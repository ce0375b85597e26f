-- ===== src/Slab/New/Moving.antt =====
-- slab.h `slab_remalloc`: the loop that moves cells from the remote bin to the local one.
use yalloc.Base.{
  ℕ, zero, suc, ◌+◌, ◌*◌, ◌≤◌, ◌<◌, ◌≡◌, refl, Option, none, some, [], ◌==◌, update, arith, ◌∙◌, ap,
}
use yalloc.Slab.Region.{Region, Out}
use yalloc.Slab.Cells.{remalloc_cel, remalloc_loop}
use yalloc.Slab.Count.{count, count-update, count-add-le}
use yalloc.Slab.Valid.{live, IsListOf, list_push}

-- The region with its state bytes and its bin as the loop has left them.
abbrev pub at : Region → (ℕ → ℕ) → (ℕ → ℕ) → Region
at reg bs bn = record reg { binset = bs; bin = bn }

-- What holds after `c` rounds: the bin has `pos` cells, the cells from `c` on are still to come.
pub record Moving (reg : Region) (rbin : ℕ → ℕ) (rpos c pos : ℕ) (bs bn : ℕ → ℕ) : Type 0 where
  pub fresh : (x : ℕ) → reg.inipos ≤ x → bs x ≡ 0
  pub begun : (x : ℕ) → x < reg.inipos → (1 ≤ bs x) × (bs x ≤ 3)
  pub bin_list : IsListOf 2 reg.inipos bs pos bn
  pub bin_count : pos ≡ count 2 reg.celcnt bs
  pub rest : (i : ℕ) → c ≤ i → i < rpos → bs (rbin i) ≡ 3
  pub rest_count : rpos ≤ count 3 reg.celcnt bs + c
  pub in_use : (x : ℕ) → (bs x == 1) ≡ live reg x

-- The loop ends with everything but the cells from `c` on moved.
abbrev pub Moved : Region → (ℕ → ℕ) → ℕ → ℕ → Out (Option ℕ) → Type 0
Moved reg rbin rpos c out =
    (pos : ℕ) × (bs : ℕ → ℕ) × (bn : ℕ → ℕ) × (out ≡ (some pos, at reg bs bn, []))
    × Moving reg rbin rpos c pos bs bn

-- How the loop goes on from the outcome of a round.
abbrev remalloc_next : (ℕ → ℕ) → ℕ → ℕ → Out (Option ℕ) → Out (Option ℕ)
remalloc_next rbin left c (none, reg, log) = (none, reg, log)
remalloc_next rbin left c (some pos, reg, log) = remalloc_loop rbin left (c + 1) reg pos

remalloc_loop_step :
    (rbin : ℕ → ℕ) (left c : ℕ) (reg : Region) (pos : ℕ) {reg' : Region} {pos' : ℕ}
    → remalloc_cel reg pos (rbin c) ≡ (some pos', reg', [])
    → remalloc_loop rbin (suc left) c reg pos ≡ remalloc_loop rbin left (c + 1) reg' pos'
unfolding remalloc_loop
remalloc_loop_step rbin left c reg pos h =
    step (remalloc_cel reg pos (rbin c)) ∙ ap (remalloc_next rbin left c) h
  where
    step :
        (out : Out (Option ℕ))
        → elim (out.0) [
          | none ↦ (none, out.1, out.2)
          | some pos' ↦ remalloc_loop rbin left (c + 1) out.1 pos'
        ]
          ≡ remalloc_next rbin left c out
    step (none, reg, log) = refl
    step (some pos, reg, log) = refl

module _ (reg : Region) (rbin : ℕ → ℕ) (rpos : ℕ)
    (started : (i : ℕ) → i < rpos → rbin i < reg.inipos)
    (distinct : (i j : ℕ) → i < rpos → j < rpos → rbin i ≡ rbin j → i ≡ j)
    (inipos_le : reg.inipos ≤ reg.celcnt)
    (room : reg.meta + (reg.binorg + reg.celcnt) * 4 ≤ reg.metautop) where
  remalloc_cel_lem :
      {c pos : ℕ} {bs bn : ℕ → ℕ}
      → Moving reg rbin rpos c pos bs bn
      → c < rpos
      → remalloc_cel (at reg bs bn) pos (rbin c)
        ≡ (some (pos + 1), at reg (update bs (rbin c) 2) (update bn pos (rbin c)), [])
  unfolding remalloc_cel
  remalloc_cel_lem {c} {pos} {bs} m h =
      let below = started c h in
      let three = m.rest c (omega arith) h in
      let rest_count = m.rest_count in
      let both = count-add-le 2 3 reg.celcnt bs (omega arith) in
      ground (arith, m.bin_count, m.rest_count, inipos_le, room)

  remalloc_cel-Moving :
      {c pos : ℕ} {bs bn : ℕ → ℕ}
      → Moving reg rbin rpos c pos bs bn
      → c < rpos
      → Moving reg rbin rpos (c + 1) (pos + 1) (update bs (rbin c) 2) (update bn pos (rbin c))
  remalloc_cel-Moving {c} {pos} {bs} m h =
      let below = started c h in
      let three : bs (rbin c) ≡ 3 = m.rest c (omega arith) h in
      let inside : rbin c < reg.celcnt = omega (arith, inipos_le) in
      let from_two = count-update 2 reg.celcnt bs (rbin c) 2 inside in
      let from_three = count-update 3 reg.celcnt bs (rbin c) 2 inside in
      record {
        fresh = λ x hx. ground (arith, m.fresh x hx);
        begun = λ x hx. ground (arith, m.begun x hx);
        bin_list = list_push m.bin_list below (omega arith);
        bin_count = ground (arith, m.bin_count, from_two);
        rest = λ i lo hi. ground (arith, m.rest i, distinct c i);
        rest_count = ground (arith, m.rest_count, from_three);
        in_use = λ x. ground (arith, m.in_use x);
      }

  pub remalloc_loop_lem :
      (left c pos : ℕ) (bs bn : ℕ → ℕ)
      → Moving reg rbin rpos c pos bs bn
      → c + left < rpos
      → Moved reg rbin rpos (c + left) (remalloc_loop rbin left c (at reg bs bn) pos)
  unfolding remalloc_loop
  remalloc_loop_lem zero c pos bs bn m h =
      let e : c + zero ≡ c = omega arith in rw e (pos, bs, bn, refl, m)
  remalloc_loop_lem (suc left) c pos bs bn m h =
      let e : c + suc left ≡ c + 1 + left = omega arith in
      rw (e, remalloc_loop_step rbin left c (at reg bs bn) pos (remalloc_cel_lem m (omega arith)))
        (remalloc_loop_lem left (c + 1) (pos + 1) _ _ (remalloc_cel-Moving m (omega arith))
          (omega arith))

###

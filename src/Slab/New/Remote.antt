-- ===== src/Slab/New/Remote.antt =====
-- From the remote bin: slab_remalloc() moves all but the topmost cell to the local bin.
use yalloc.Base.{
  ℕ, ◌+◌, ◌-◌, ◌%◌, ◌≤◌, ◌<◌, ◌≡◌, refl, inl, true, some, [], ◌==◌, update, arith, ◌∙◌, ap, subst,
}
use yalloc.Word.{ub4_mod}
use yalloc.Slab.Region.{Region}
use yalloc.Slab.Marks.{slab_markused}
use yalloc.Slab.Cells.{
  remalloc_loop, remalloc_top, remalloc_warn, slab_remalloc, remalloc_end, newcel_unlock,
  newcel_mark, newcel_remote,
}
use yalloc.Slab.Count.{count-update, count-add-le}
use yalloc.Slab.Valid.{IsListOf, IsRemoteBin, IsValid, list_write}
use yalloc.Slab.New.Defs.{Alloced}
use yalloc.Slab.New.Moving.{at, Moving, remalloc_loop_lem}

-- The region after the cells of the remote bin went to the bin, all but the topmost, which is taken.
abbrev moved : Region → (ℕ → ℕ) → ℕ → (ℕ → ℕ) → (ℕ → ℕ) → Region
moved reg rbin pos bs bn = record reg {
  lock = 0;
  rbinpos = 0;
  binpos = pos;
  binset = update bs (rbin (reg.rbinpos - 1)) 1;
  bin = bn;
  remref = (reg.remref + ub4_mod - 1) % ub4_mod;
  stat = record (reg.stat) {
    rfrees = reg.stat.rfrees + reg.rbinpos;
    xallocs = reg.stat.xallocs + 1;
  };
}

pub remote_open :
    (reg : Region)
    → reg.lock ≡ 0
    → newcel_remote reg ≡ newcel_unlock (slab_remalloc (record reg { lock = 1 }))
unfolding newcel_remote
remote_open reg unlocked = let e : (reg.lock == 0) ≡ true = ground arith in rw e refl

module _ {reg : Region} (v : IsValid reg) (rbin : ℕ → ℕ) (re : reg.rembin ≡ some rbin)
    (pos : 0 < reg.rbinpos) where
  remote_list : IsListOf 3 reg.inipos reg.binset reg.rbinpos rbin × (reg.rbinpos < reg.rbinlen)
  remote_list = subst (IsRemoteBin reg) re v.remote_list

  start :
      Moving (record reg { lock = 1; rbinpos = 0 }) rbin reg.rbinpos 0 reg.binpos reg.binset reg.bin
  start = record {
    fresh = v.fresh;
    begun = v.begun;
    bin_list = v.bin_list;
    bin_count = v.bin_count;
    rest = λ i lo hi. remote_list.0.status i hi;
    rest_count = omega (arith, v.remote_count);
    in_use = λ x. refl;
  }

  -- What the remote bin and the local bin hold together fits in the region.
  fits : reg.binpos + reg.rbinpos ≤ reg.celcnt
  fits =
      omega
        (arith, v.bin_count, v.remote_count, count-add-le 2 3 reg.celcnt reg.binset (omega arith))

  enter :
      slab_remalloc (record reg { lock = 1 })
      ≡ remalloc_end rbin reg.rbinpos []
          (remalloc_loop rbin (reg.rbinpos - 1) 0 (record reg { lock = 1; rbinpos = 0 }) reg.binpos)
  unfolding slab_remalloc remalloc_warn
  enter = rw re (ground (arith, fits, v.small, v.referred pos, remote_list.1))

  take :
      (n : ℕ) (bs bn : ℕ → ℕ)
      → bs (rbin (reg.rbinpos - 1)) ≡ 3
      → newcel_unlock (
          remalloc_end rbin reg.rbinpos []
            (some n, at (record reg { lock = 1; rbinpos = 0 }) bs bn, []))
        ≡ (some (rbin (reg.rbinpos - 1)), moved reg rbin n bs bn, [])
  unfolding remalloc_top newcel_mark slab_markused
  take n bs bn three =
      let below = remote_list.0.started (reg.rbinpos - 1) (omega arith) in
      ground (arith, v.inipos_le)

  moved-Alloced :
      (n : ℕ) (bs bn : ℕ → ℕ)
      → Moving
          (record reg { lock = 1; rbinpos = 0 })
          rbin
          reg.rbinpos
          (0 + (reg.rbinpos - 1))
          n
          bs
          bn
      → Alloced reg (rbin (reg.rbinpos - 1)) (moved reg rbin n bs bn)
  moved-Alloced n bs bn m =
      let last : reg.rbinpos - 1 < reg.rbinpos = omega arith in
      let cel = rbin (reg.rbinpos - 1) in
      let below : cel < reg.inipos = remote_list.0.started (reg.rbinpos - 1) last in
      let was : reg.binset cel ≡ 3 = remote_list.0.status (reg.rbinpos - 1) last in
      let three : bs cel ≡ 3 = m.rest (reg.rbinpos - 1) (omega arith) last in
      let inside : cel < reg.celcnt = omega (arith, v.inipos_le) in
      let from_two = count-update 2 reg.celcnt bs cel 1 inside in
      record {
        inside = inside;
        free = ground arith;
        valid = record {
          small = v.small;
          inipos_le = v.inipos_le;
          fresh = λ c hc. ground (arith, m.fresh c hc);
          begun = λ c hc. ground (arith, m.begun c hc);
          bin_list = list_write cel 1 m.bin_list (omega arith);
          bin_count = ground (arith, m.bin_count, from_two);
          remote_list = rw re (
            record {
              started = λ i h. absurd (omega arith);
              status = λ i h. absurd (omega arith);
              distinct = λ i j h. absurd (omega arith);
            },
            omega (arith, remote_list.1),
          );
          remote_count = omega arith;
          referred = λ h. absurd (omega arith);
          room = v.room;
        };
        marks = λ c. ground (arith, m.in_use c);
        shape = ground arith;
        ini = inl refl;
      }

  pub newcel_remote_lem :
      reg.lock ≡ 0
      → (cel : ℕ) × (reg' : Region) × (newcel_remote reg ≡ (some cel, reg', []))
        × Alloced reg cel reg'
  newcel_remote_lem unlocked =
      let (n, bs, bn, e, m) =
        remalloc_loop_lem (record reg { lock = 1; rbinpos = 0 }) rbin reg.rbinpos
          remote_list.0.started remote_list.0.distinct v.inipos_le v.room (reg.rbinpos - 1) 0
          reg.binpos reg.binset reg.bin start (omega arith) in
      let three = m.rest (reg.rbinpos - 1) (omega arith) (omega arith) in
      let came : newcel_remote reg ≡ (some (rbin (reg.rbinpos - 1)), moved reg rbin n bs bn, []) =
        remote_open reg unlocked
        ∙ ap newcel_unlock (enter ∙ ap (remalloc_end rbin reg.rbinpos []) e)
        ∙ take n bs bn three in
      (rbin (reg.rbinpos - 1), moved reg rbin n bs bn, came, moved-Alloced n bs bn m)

###

--- YOUR OBJECTIVE ---
In the listing above, find each line where "unfolding" occurs and copy it.

--- ANSWER AREA ---
unfolding remalloc_loop
  unfolding remalloc_cel
  unfolding remalloc_loop
unfolding newcel_remote
  unfolding slab_remalloc remalloc_warn
  unfolding remalloc_top newcel_mark slab_markused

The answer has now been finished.